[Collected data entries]
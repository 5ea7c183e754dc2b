-- ===== src/Epochs/Laws.antt =====
-- The history of packages/core/src/resource-epochs.ts is bounded, and forgetting never lowers what
-- it says of a resource.
use flux_fast.Shared.{
  ℕ, suc, ◌≤◌, String, ◌≡◌, refl, ap, subst, ◌≢◌, inl, inr, true, Option, none, some, [], ◌∷◌, ◌++◌,
  max, ltb, ite, arith, str_dec, Bool-cases, Distinct, elem, is_yes,
}
use flux_fast.Shared.JsMap
use flux_fast.Shared.JsMap.{Map, size, AllValues, AllValues-delete, AllValues-set}
use flux_fast.Epochs.{
  ResourceEpoch, ResourceEpochMap, max_resource_epoch_entries, watermark, or_else, get, evict, set,
}

-- The epochs that a reader goes by; nothing known counts as epoch 0.
abbrev pub epoch_of : Option ResourceEpoch → ℕ
epoch_of none = 0
epoch_of (some e) = e.epoch

abbrev pub authoritative_of : Option ResourceEpoch → ℕ
authoritative_of none = 0
authoritative_of (some e) = e.authoritative_epoch

abbrev pub Ordered : ResourceEpoch → Type 0
Ordered e = e.authoritative_epoch ≤ e.epoch

-- An authoritative epoch is an epoch, in every entry and in the watermarks.
pub record IsOrdered (m : ResourceEpochMap) : Type 0 where
  pub entries : AllValues Ordered m.entries
  pub watermarks : m.evicted_authoritative_epoch ≤ m.evicted_epoch

size-evict :
    (m : Map String ResourceEpoch) (e a : ℕ)
    → size (evict m e a).entries ≤ max_resource_epoch_entries
unfolding evict
size-evict [] e a = omega arith
size-evict ((k, v) ∷ m) e a =
    ground (arith, size-evict m (max e v.epoch) (max a v.authoritative_epoch))

-- What the entries say of `j`, and the watermarks where they say nothing.
abbrev floor : Option ResourceEpoch → ℕ → ℕ
floor none e = e
floor (some v) e = v.epoch

abbrev authoritative_floor : Option ResourceEpoch → ℕ → ℕ
authoritative_floor none a = a
authoritative_floor (some v) a = v.authoritative_epoch

-- Where the loop ends, the watermarks are read.
stop-raises :
    (o : Option ResourceEpoch) (m : Map String ResourceEpoch) (e a : ℕ)
    → a ≤ e
    → let r =
        or_else o (
          watermark (record { entries = m; evicted_epoch = e; evicted_authoritative_epoch = a })) in
      (floor o e ≤ epoch_of r) × (authoritative_floor o a ≤ authoritative_of r)
stop-raises none m e a h = ground arith
stop-raises (some v) m e a h = ground arith

-- Evicting never lowers an epoch: what an entry said, a watermark says at least.
evict-raises :
    (j : String) (m : Map String ResourceEpoch) (e a : ℕ)
    → Distinct str_dec (JsMap.keys m)
    → a ≤ e
    → AllValues Ordered m
    → (floor (JsMap.get str_dec j m) e ≤ epoch_of (get j (evict m e a)))
      × (authoritative_floor (JsMap.get str_dec j m) a ≤ authoritative_of (get j (evict m e a)))
unfolding evict get
evict-raises j [] e a d o h = stop-raises (JsMap.get str_dec j []) [] e a o
evict-raises j ((k, v) ∷ m) e a d o h =
    elim (Bool-cases (ltb max_resource_epoch_entries (suc (size m)))) [
      | inr fits ↦
          rw (fits, evict) (stop-raises (JsMap.get str_dec j ((k, v) ∷ m)) ((k, v) ∷ m) e a o)
      | inl over ↦
          rw (over, evict)
            (raise (str_dec k j) (
              evict-raises j m (max e v.epoch) (max a v.authoritative_epoch) d.1
                (ground (arith, h.0)) h.1))
    ]
  where
    absent : k ≡ j → JsMap.get str_dec j m ≡ none
    absent p =
        ground (arith, JsMap.has-keys str_dec j m, ap (λ i. elem str_dec i (JsMap.keys m)) p, d.0)

    t : ResourceEpochMap
    t = evict m (max e v.epoch) (max a v.authoritative_epoch)

    step :
        (p : Dec (k ≡ j))
        → (is_yes p ≡ true → JsMap.get str_dec j m ≡ none)
        → (floor (JsMap.get str_dec j m) (max e v.epoch) ≤ epoch_of (get j t))
          × (authoritative_floor (JsMap.get str_dec j m) (max a v.authoritative_epoch)
              ≤ authoritative_of (get j t))
        → (floor (ite p (some v) (JsMap.get str_dec j m)) e ≤ epoch_of (get j t))
          × (authoritative_floor (ite p (some v) (JsMap.get str_dec j m)) a
              ≤ authoritative_of (get j t))
    step (yes p) missing (x, y) = ground (arith, missing refl)
    step (no p) missing (x, y) = ground arith

    raise :
        (p : Dec (k ≡ j))
        → (floor (JsMap.get str_dec j m) (max e v.epoch) ≤ epoch_of (get j t))
          × (authoritative_floor (JsMap.get str_dec j m) (max a v.authoritative_epoch)
              ≤ authoritative_of (get j t))
        → (floor (JsMap.get str_dec j ((k, v) ∷ m)) e ≤ epoch_of (get j t))
          × (authoritative_floor (JsMap.get str_dec j ((k, v) ∷ m)) a ≤ authoritative_of (get j t))
    raise _ b = unfold JsMap.get in step (str_dec k j) (λ p. absent (ground (arith, p))) b

set-append :
    (k : String) (v : ResourceEpoch) (m : Map String ResourceEpoch)
    → JsMap.get str_dec k m ≡ none
    → JsMap.set str_dec k v m ≡ m ++ (k, v) ∷ []
unfolding JsMap.get JsMap.set
set-append k v [] h = refl
set-append k v ((j, w) ∷ m) h = ground (arith, set-append k v m)

-- The entry that comes last stays, and is what `get` finds.
evict-last :
    (k : String) (v : ResourceEpoch) (m : Map String ResourceEpoch) (e a : ℕ)
    → JsMap.get str_dec k m ≡ none
    → get k (evict (m ++ (k, v) ∷ []) e a) ≡ some v
unfolding evict get JsMap.get
evict-last k v [] e a h = ground arith
evict-last k v ((j, w) ∷ m) e a h =
    elim (Bool-cases (ltb max_resource_epoch_entries (suc (size (m ++ (k, v) ∷ []))))) [
      | inl over ↦
          rw (over, evict)
            (evict-last k v m (max e w.epoch) (max a w.authoritative_epoch) (ground arith))
      | inr fits ↦ rw (fits, evict) (ground (arith, get-append m))
    ]
  where
    get-append :
        (l : Map String ResourceEpoch)
        → JsMap.get str_dec k (l ++ (k, v) ∷ []) ≡ or_else (JsMap.get str_dec k l) (some v)
    get-append [] = ground arith
    get-append ((i, x) ∷ l) = ground (arith, get-append l)

-- What was set last is what `get` answers.
pub get-set : (k : String) (v : ResourceEpoch) (m : ResourceEpochMap) → get k (set k v m) ≡ some v
unfolding set
get-set k v m = rw (set-append k v (JsMap.delete str_dec k m.entries) gone) (
    evict-last k v (JsMap.delete str_dec k m.entries) m.evicted_epoch m.evicted_authoritative_epoch
      gone)
  where
    gone : JsMap.get str_dec k (JsMap.delete str_dec k m.entries) ≡ none
    gone = ground (arith, JsMap.get-delete str_dec k k m.entries)

-- `set` bounds the history at 1024 entries, `get` answers with the value just set, and of any other
-- resource neither the epoch nor the authoritative epoch that `get` answers falls, evicted or not,
-- where nothing known counts as 0. The map holds no key twice and its authoritative epochs are
-- epochs, as is the one set.
pub set_lem :
    (k j : String) (v : ResourceEpoch) (m : ResourceEpochMap)
    → Distinct str_dec (JsMap.keys m.entries)
    → IsOrdered m
    → v.authoritative_epoch ≤ v.epoch
    → k ≢ j
    → (size (set k v m).entries ≤ max_resource_epoch_entries)
      × (get k (set k v m) ≡ some v)
      × (epoch_of (get j m) ≤ epoch_of (get j (set k v m)))
      × (authoritative_of (get j m) ≤ authoritative_of (get j (set k v m)))
unfolding set
set_lem k j v m d o q ne = (
  size-evict next m.evicted_epoch m.evicted_authoritative_epoch,
  get-set k v m,
  omega (arith, raised, below),
  omega (arith, raised, below),
)
  where
    next : Map String ResourceEpoch
    next = JsMap.set str_dec k v (JsMap.delete str_dec k m.entries)

    same : JsMap.get str_dec j next ≡ JsMap.get str_dec j m.entries
    same = ground (
      arith,
      JsMap.get-set str_dec k j v (JsMap.delete str_dec k m.entries),
      JsMap.get-delete str_dec k j m.entries,
    )

    raised :
        (floor (JsMap.get str_dec j m.entries) m.evicted_epoch
          ≤ epoch_of (get j (evict next m.evicted_epoch m.evicted_authoritative_epoch)))
        × (authoritative_floor (JsMap.get str_dec j m.entries) m.evicted_authoritative_epoch
            ≤ authoritative_of (get j (evict next m.evicted_epoch m.evicted_authoritative_epoch)))
    raised =
        subst
          (λ x.
            (floor x m.evicted_epoch
              ≤ epoch_of (get j (evict next m.evicted_epoch m.evicted_authoritative_epoch)))
            × (authoritative_floor x m.evicted_authoritative_epoch
                ≤ authoritative_of
                    (get j (evict next m.evicted_epoch m.evicted_authoritative_epoch))))
          same
          (evict-raises j next m.evicted_epoch m.evicted_authoritative_epoch
            (JsMap.set-Distinct str_dec k v (JsMap.delete str_dec k m.entries)
              (JsMap.delete-Distinct str_dec k m.entries d))
            o.watermarks
            (AllValues-set str_dec Ordered k v (JsMap.delete str_dec k m.entries) q
              (AllValues-delete str_dec Ordered k m.entries o.entries)))

    below :
        (epoch_of (get j m) ≤ floor (JsMap.get str_dec j m.entries) m.evicted_epoch)
        × (authoritative_of (get j m)
            ≤ authoritative_floor (JsMap.get str_dec j m.entries) m.evicted_authoritative_epoch)
    below = unfold get in ground arith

• _DESCRIPTION OF THE TASK_:
Your answer should consist only of the lines above between the line holding "evict-last k v ((j, w)" and the line holding "(k j : String)", inclusive, each transcribed exactly.

• _EXPECTED ANSWER_:
evict-last k v ((j, w) ∷ m) e a h =
    elim (Bool-cases (ltb max_resource_epoch_entries (suc (size (m ++ (k, v) ∷ []))))) [
      | inl over ↦
          rw (over, evict)
            (evict-last k v m (max e w.epoch) (max a w.authoritative_epoch) (ground arith))
      | inr fits ↦ rw (fits, evict) (ground (arith, get-append m))
    ]
  where
    get-append :
        (l : Map String ResourceEpoch)
        → JsMap.get str_dec k (l ++ (k, v) ∷ []) ≡ or_else (JsMap.get str_dec k l) (some v)
    get-append [] = ground arith
    get-append ((i, x) ∷ l) = ground (arith, get-append l)

-- What was set last is what `get` answers.
pub get-set : (k : String) (v : ResourceEpoch) (m : ResourceEpochMap) → get k (set k v m) ≡ some v
unfolding set
get-set k v m = rw (set-append k v (JsMap.delete str_dec k m.entries) gone) (
    evict-last k v (JsMap.delete str_dec k m.entries) m.evicted_epoch m.evicted_authoritative_epoch
      gone)
  where
    gone : JsMap.get str_dec k (JsMap.delete str_dec k m.entries) ≡ none
    gone = ground (arith, JsMap.get-delete str_dec k k m.entries)

-- `set` bounds the history at 1024 entries, `get` answers with the value just set, and of any other
-- resource neither the epoch nor the authoritative epoch that `get` answers falls, evicted or not,
-- where nothing known counts as 0. The map holds no key twice and its authoritative epochs are
-- epochs, as is the one set.
pub set_lem :
    (k j : String) (v : ResourceEpoch) (m : ResourceEpochMap)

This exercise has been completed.